Aim of the exercise :: The answer must consist only of the lines from the line with "is_clean-IsClean : (r" to the line with "left = ground", both included, exactly as they stand below.

Stored items ::
----

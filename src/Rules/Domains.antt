-- ===== src/Rules/Domains.antt =====
-- When one domain lies under another, and what normalisation keeps.
use mathlib.Core.List.{map-append}
use dpi_engine_python.Prelude.{
  ℕ, ◌≡◌, ◌≢◌, refl, sym, ap, ◌∙◌, ◌↔◌, ◌⊎◌, inl, inr, Bool, true, not, ◌&&◌, [], ◌∷◌, ◌++◌, arith,
  or-eq-true,
}
use dpi_engine_python.Prelude.Eq.{◌==◌, nat_eq, list_eq, list_beq_iff}
use dpi_engine_python.Text.{
  Str, lower, lower_code, is_space, is_dot, strip, lstrip, rstrip, ends_with, IsSuffix,
  ends_with_iff, IsSuffix-linear, lstrip-append, rstrip-append,
}
use dpi_engine_python.Rules.{normalize, is_under}

-- `domain` is `rule` or a subdomain of it: dotted in front, one ends with the other.
abbrev pub IsUnder : Str → Str → Type 0
IsUnder domain rule = IsSuffix (b'.' ∷ rule) (b'.' ∷ domain)

pub is_under_iff : (domain rule : Str) → (is_under domain rule ≡ true) ↔ IsUnder domain rule
is_under_iff domain rule = (to, from)
  where
    to : is_under domain rule ≡ true → IsUnder domain rule
    to h = elim (or-eq-true (domain == rule) _ h) [
      | inl e ↦ ([], ap (◌∷◌ b'.') ((list_beq_iff domain rule).0 e))
      | inr e ↦ let (p, f) = (ends_with_iff domain (b'.' ∷ rule)).0 e in (b'.' ∷ p, ap (◌∷◌ b'.') f)
    ]

    from : IsUnder domain rule → is_under domain rule ≡ true
    from ([], e) = ground (arith, list_beq_iff domain rule)
    from (c ∷ p, e) =
        let ends : ends_with domain (b'.' ∷ rule) ≡ true =
          (ends_with_iff domain (b'.' ∷ rule)).1 (p, cc) in
        ground (arith, ends)

-- A domain under two rules puts one of the rules under the other.
pub IsUnder-linear :
    {domain r s : Str} → IsUnder domain r → IsUnder domain s → IsUnder s r ⊎ IsUnder r s
IsUnder-linear {r = r} {s = s} (p, e) (q, f) = IsSuffix-linear p q (b'.' ∷ r) (b'.' ∷ s) (sym e ∙ f)

-- A rule that normalisation does not change, nor any of its steps.
abbrev pub is_clean : Str → Bool
is_clean r =
    lower r == r
    && lstrip is_space r == r
    && rstrip is_space r == r
    && rstrip is_dot r == r
    && not (r == [])

record IsClean (r : Str) : Type 0 where
  lowered : lower r ≡ r
  left : lstrip is_space r ≡ r
  right : rstrip is_space r ≡ r
  undotted : rstrip is_dot r ≡ r
  filled : r ≢ []

is_clean-IsClean : (r : Str) → is_clean r ≡ true → IsClean r
is_clean-IsClean r h = record {
  lowered = ground (arith, list_beq_iff (lower r) r);
  left = ground (arith, list_beq_iff (lstrip is_space r) r);
  right = ground (arith, list_beq_iff (rstrip is_space r) r);
  undotted = ground (arith, list_beq_iff (rstrip is_dot r) r);
  filled = λ e. ground (arith, list_beq_iff r []);
}

rstrip_dotted :
    (p : ℕ → Bool) (xs rule : Str)
    → rstrip p rule ≡ rule
    → rule ≢ []
    → rstrip p (xs ++ b'.' ∷ rule) ≡ xs ++ b'.' ∷ rule
rstrip_dotted p xs rule e ne =
    let inner : rstrip p (b'.' ∷ rule) ≡ b'.' ∷ rule =
      rstrip-append p (b'.' ∷ []) rule (λ z. ne (sym e ∙ z)) ∙ ap (◌∷◌ b'.') e in
    rstrip-append p xs (b'.' ∷ rule) (λ z. cc) ∙ ap (◌++◌ xs) inner

normalize_clean : (rule : Str) → IsClean rule → normalize rule ≡ rule
unfolding normalize strip
normalize_clean rule c = rw (c.lowered, c.left, c.right) c.undotted

normalize_dotted :
    (p rule : Str)
    → IsClean rule
    → normalize (p ++ b'.' ∷ rule) ≡ lstrip is_space (lower p) ++ b'.' ∷ rule
unfolding normalize strip lower_code is_space
normalize_dotted p rule c =
    let kept = lstrip is_space (lower p) in
    rw (map-append, c.lowered, lstrip-append is_space (lower p) b'.' rule refl)
      (rw (rstrip_dotted is_space kept rule c.right c.filled)
        (rstrip_dotted is_dot kept rule c.undotted c.filled))

-- `normalize` works in front of a clean rule only.
pub normalize-IsUnder :
    (domain rule : Str)
    → is_clean rule ≡ true
    → IsUnder domain rule
    → IsUnder (normalize domain) rule
normalize-IsUnder domain rule clean ([], e) =
    let same : domain ≡ rule = cc in
    ([], rw (same, normalize_clean rule (is_clean-IsClean rule clean)))
normalize-IsUnder domain rule clean (c ∷ p, e) =
    let split : domain ≡ p ++ b'.' ∷ rule = cc in
    (
      b'.' ∷ lstrip is_space (lower p),
      rw (split, normalize_dotted p rule (is_clean-IsClean rule clean)),
    )

pub normalize_of_clean : (rule : Str) → is_clean rule ≡ true → normalize rule ≡ rule
normalize_of_clean rule clean = normalize_clean rule (is_clean-IsClean rule clean)
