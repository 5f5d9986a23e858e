-- ===== src/Rules/Blocking.antt =====
-- What the three blocking tests answer.
use dpi_engine_python.Prelude.{
  ◌≡◌, ◌≢◌, refl, ◌↔◌, inl, inr, Bool, true, some, List, [], ◌∷◌, arith, Bool-cases, In, any,
  or-eq-true, if◌then◌else◌,
}
use dpi_engine_python.Prelude.Eq.{nat_eq, list_eq, contains, contains_iff}
use dpi_engine_python.Text.{Str, lower, lower_idem, split_at}
use dpi_engine_python.Text.Labels.{IsPiece, In-split_at}
use dpi_engine_python.Rules.{RuleManager, normalize, blocks, is_domain_blocked}
use dpi_engine_python.Rules.Domains.{IsUnder, is_under_iff}

-- A rule with a dot covers a domain and its subdomains; a rule without one is a label of it.
abbrev pub Covers : Str → Str → Type 0
Covers domain rule = if contains b'.' rule then IsUnder domain rule else IsPiece b'.' rule domain

blocks_iff : (domain rule : Str) → (blocks domain rule ≡ true) ↔ Covers domain (normalize rule)
unfolding blocks
blocks_iff domain rule = elim (Bool-cases (contains b'.' (normalize rule))) [
  | inl dotted ↦ rw dotted (is_under_iff domain (normalize rule))
  | inr plain ↦ rw plain (
      let (to, from) = In-split_at b'.' (normalize rule) domain plain in
      let (here, back) = contains_iff (normalize rule) (split_at b'.' domain) in
      (λ h. to (here h), λ h. back (from h)))
]

any_sound :
    {A : Type 0} (p : A → Bool) (xs : List A) → any p xs ≡ true → (x : A) × In x xs × (p x ≡ true)
any_sound p [] h = absurd (cc)
any_sound p (x ∷ xs) h = elim (or-eq-true (p x) (any p xs) h) [
  | inl now ↦ (x, inl refl, now)
  | inr later ↦ let (y, found, hit) = any_sound p xs later in (y, inr found, hit)
]

any_complete :
    {A : Type 0} (p : A → Bool) (xs : List A) (x : A) → In x xs → p x ≡ true → any p xs ≡ true
any_complete p [] x found h = absurd found
any_complete p (y ∷ xs) x (inl same) h = ground arith
any_complete p (y ∷ xs) x (inr later) h = ground (arith, any_complete p xs x later h)

module _ (m : RuleManager) where
  -- A domain that is not empty is blocked exactly when some blocked domain covers it, both
  -- normalised; so the order in which the set is walked through does not matter.
  pub is_domain_blocked_iff :
      (d : Str)
      → d ≢ []
      → (is_domain_blocked m (some d) ≡ true)
        ↔ ((rule : Str) × In rule m.blocked_domains × Covers (normalize d) (normalize rule))
  unfolding is_domain_blocked
  is_domain_blocked_iff [] ne = absurd (ne refl)
  is_domain_blocked_iff (c ∷ cs) ne =
      let d = normalize (c ∷ cs) in
      (
        λ h.
            let (rule, found, hit) = any_sound (blocks d) m.blocked_domains h in
            (rule, found, (blocks_iff d rule).0 hit),
        λ (rule, found, covers).
            any_complete (blocks d) m.blocked_domains rule found ((blocks_iff d rule).1 covers),
      )

  -- Letter case does not matter to the blocking of a domain.
  pub is_domain_blocked-lower :
      (d : Str) → is_domain_blocked m (some (lower d)) ≡ is_domain_blocked m (some d)
  unfolding is_domain_blocked normalize
  is_domain_blocked-lower [] = refl
  is_domain_blocked-lower (c ∷ cs) = rw (lower_idem (c ∷ cs))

----

Task result ::
is_clean-IsClean : (r : Str) → is_clean r ≡ true → IsClean r
is_clean-IsClean r h = record {
  lowered = ground (arith, list_beq_iff (lower r) r);
  left = ground (arith, list_beq_iff (lstrip is_space r) r);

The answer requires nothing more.